Other variables tested in this study (adult educational level and oral hygiene habits) do not seem to impact the results, which is unsurprising given the fact that our adult population is fairly homogenous. Interestingly, variables which demonstrated some level of impact on the results, like age, sex, and BMI, seem to condition the gut milieu much more than the oral cavity, consequently having a more measurable impact on the gut microbiota.

Aside from the ones already mentioned, this study presents some limitations: although we explored the oral-gut relationship in children and adults, a longitudinal study following the same individuals at different ages would allow for clearer conclusions regarding microbiota maturation. Including several timepoints would also clarify if the microorganisms translocating from the oral cavity to the gut are able to establish themselves in the gut and, if so, for how long.
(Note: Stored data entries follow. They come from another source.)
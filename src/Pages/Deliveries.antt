-- ===== src/Pages/Deliveries.antt =====
-- deliveries/views.py: the pages that change a delivery, and the page of a new one.
pub mod Isolated
pub mod Unchanged
use javi.Prelude.{
  ℕ, String, Bool, true, false, not, ◌&&◌, ◌==◌, str_eq, any, Option, none, some, List, [], ◌∷◌,
  ◌++◌, first, is_some, is_none, if◌then◌else◌,
}
use javi.Model.{Shop, Delivery, is_on_the_way, is_delivered}
use javi.Env.{Env, SendResult}
use javi.World.{World, Db}
use javi.Exec.{
  Exec, Result, quota_exceeded, value_error, does_not_exist, ok, err, pure, gets, ◌>>=◌, ◌>>◌,
}
use javi.Deliveries.{mark_ready, mark_delivered, soft_delete, restore}
use javi.Deliveries.Sending.{compute_eta}
use javi.Deliveries.Start.{StartResult, get_shop, start_delivery}
use javi.Deliveries.Messages.{PhoneResult, resend_on_the_way}
use javi.Deliveries.Edit.{Edit, EditResult, create_delivery, update_delivery}
use javi.Api.Create.{Readers}
use javi.Pages.{
  Notice, set_address_first, delivery_added, risky_number, address_not_found, already_delivered,
  nothing_changed, delivery_updated, not_sent_again, over_limit, already_started, started_unsent,
  customer_notified, invalid_number, cannot_resend, resent, not_resent, marked_delivered,
  delivery_deleted, delivery_restored, Page, not_found, crashed, redirect, form_again, confirm_eta,
  to_list, to_profile, to_deleted,
}
use javi.Pages.Forms.{
  DeliveryFields, EditFields, EtaFields, EtaEdit, refused, keep_eta, set_eta, clean_delivery,
  clean_phone, clean_eta, clean_edit_eta,
}

-- What a POST about a delivery asks for. `start` has the fields of the second step, if it is that.
pub data Action : Type 0 where
  edit : Option EditFields → Action
  start : Option (Option EtaFields) → Action
  resend : Option String → Action
  mark_as_delivered ready delete restore_it : Action

-- The filter on `deleted_at` of the view.
abbrev pub takes : Action → Delivery → Bool
takes (edit fields) d = is_none d.deleted_at
takes (start eta) d = true
takes (resend phone) d = true
takes mark_as_delivered d = true
takes ready d = is_none d.deleted_at
takes delete d = is_none d.deleted_at
takes restore_it d = is_some d.deleted_at

abbrev pub is_live : Shop → ℕ → Action → Delivery → Bool
is_live shop pk action d =
    d.id == pk && d.shop_id == shop.id && is_none d.pii_purged_at && takes action d

-- `_live_delivery_or_404`; an account with no shop has no delivery.
unfoldable pub live_delivery : Option Shop → ℕ → Action → Db → Option Delivery
live_delivery none pk action db = none
live_delivery (some shop) pk action db = first (is_live shop pk action) db.deliveries

notice_if : Bool → Notice → List Notice
notice_if true n = n ∷ []
notice_if false n = []

-- The view after the service has answered; `caught` is for the views that take `QuotaExceeded`.
unfoldable pub caught : {A : Type 0} → (A → Page) → Result A × World → Result Page × World
caught f (ok a, w) = (ok (f a), w)
caught f (err (quota_exceeded code http_status), w) =
    (ok (redirect (over_limit code ∷ []) to_list), w)
caught f (err value_error, w) = (ok crashed, w)
caught f (err does_not_exist, w) = (ok crashed, w)

unfoldable pub start_page : StartResult → Page
start_page r =
    if r.already
    then redirect (already_started ∷ []) to_list
    else if r.succeeded && r.sent
    then redirect (customer_notified r.eta_at ∷ []) to_list
    else if r.succeeded
    then redirect (started_unsent ∷ []) to_list
    else redirect [] to_list

unfoldable pub resend_page : Option SendResult → Page
resend_page none = redirect (cannot_resend ∷ []) to_list
resend_page (some r) = redirect ((if r.succeeded then resent else not_resent) ∷ []) to_list

-- `delivery` is the object after the edit.
unfoldable pub edit_page : Edit → Delivery × EditResult → Page
unfolding notice_if
edit_page e (delivery, r) = elim r.changed [
  | [] ↦ redirect (nothing_changed ∷ []) to_list
  | field ∷ fields ↦
      redirect
        (delivery_updated
          ∷ (notice_if (is_on_the_way delivery.status) not_sent_again
              ++ (notice_if (any (str_eq "recipient_phone") (field ∷ fields) && e.phone.is_risky)
                    risky_number
                  ++ notice_if (not r.geocoded) address_not_found)))
        to_list
]

eta_of : EtaEdit → Option (Option ℕ)
eta_of refused = none
eta_of keep_eta = some none
eta_of (set_eta t) = some (some t)

clean_edit : Readers → DeliveryFields → Option (Option ℕ) → Option Edit
clean_edit readers fields none = none
clean_edit readers fields (some eta_at) = clean_delivery readers (some fields) eta_at

-- `DeliveryEditForm` as a whole
unfoldable pub edit_of : Readers → EtaEdit → DeliveryFields → Option Edit
unfolding eta_of clean_edit
edit_of readers eta fields = clean_edit readers fields (eta_of eta)

module _ (env : Env) where
  -- `confirm_eta_page`
  unfoldable pub confirm_eta_page : List Notice → Delivery → Exec Page
  confirm_eta_page notices d = do
    shop ← get_shop d
    eta ← compute_eta env shop d
    pure (confirm_eta notices d eta)

  save_edit : Delivery → Option Edit → Exec Page
  save_edit d none w = pure form_again w
  save_edit d (some e) w = caught (edit_page e) (update_delivery env d e w)

  unfoldable pub edit_fields : Readers → Delivery → Option EditFields → Exec Page
  unfolding save_edit
  edit_fields readers d none = pure form_again
  edit_fields readers d (some f) = do
    eta ← clean_edit_eta env d f.eta_date f.eta_time
    save_edit d (edit_of readers eta f.fields)

  -- `DeliveryEditView.post`
  unfoldable pub edit_post : Readers → Delivery → Option EditFields → Exec Page
  unfolding edit_fields
  edit_post readers d f =
      if is_delivered d.status
      then pure (redirect (already_delivered ∷ []) to_list)
      else edit_fields readers d f

  start_at : Delivery → Option ℕ → Exec Page
  start_at d none w = pure form_again w
  start_at d (some eta_at) w = caught (λ r. start_page r.1) (start_delivery env d (some eta_at) w)

  -- `DeliveryStartView.post`
  unfoldable pub start_post : Delivery → Option (Option EtaFields) → Exec Page
  unfolding start_at
  start_post d none =
      if is_on_the_way d.status
      then pure (redirect (already_started ∷ []) to_list)
      else confirm_eta_page [] d
  start_post d (some f) = do eta ← clean_eta env f; start_at d eta

  -- `DeliveryResendView.post`
  unfoldable pub resend_post : Delivery → Option PhoneResult → Exec Page
  resend_post d none w = pure (redirect (invalid_number ∷ []) to_list) w
  resend_post d (some phone) w =
      caught (λ r. resend_page r.1) (resend_on_the_way env d (some phone) w)

  module _ (readers : Readers) where
    unfoldable pub act : Action → Delivery → Exec Page
    act (edit f) d w = edit_post readers d f w
    act (start f) d w = start_post d f w
    act (resend raw) d w = resend_post d (clean_phone readers raw) w
    act mark_as_delivered d w =
        caught (λ r. redirect (marked_delivered ∷ []) to_list) (mark_delivered env d w)
    act ready d w = caught (λ r. redirect [] to_list) (mark_ready d w)
    act delete d w = caught (λ r. redirect (delivery_deleted ∷ []) to_list) (soft_delete env d w)
    act restore_it d w = caught (λ r. redirect (delivery_restored ∷ []) to_deleted) (restore d w)

    unfoldable pub act_on : Action → Option Delivery → Exec Page
    act_on action none = pure not_found
    act_on action (some d) = act action d

    -- A POST about the delivery `pk` from an account and its shop.
    unfoldable pub post : Option Shop → ℕ → Action → Exec Page
    post shop pk action = do d ← gets (λ w. live_delivery shop pk action w.db); act_on action d

    created_page : Bool → PhoneResult → Delivery × Bool → Exec Page
    unfolding notice_if
    created_page notify_now phone (d, geocoded) =
        let notices =
          delivery_added
          ∷ (notice_if phone.is_risky risky_number ++ notice_if (not geocoded) address_not_found) in
        if notify_now
        then (do marked ← mark_ready d; confirm_eta_page notices marked.0)
        else pure (redirect notices to_list)

    create_as : Shop → Bool → Option Edit → Exec Page
    unfolding created_page
    create_as shop notify_now none = pure form_again
    create_as shop notify_now (some e) = do
      made ← create_delivery env shop e
      created_page notify_now e.phone made

    -- `DeliveryCreateView.post`
    unfoldable pub create_post : Option Shop → Option DeliveryFields → Bool → Exec Page
    unfolding create_as
    create_post none f notify_now = pure (redirect (set_address_first ∷ []) to_profile)
    create_post (some shop) f notify_now =
        if is_none shop.origin_lat
        then pure (redirect (set_address_first ∷ []) to_profile)
        else create_as shop notify_now (clean_delivery readers f none)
Thus, microbial viability should also be explored. However, the fact that from the subset of 61 ASVs shared between the oral cavity and gut of the same individual, 26 ASVs are also present in both children and adults is a good indicator that their presence in both habitats is likely not transitory and probably persists across age groups. These results highlight the likelihood of oral-to-gut translocation in healthy individuals, possibly established from an early age. Nevertheless, characterization of the microbiota on a strain level should be carried out in order to confirm translocation. Geographic location should also be considered when reporting results, as all participants in the study are Portuguese (Southern European), and cohorts from other geographic regions might present different sets of shared ASVs. Additionally, oral health and oral hygiene habits were only recorded for adults, which made it impossible to control for these factors in children.

5 Conclusion

Overall, although the oral and gut microbiota differ vastly, we were still able to identify a subset of 61 ASVs (representing 1.6% of all ASVs detected) present in both the oral cavity and gut of the same individual, with at least one shared ASV being detected in 96% of participants. From these, 26 ASVs (classified into 18 genera) were also present in both children and adults, suggesting that these microorganisms are likely persistent (and not just transitory) colonizers of both habitats, with shared colonization initiating in childhood. The fact that 62% of shared ASVs were more abundant in the oral cavity suggests oral-to-gut translocation as the main route of translocation between habitats, proposing that this phenomenon might be more common than previously thought in healthy individuals. Thus, shared oral-gut bacteria should be thoroughly studied in the future so that their role in both habitats and its influence on host health and wellbeing can be understood. Bacteria exclusively detected in the oral cavity should also be studied in order to understand if possible translocation would play a part in disease development. As for age, microbial composition differs greatly between children and adults, with large numbers of ASVs being exclusively detected in each age group, thus suggesting age-related maturation of the microbiota. Bacterial diversity was relatively stable between life stages, with significant changes being detected only after 45 years of age. Factors such as sex, age, and BMI seem to have a more significant impact on the gut microbiota than on the oral cavity.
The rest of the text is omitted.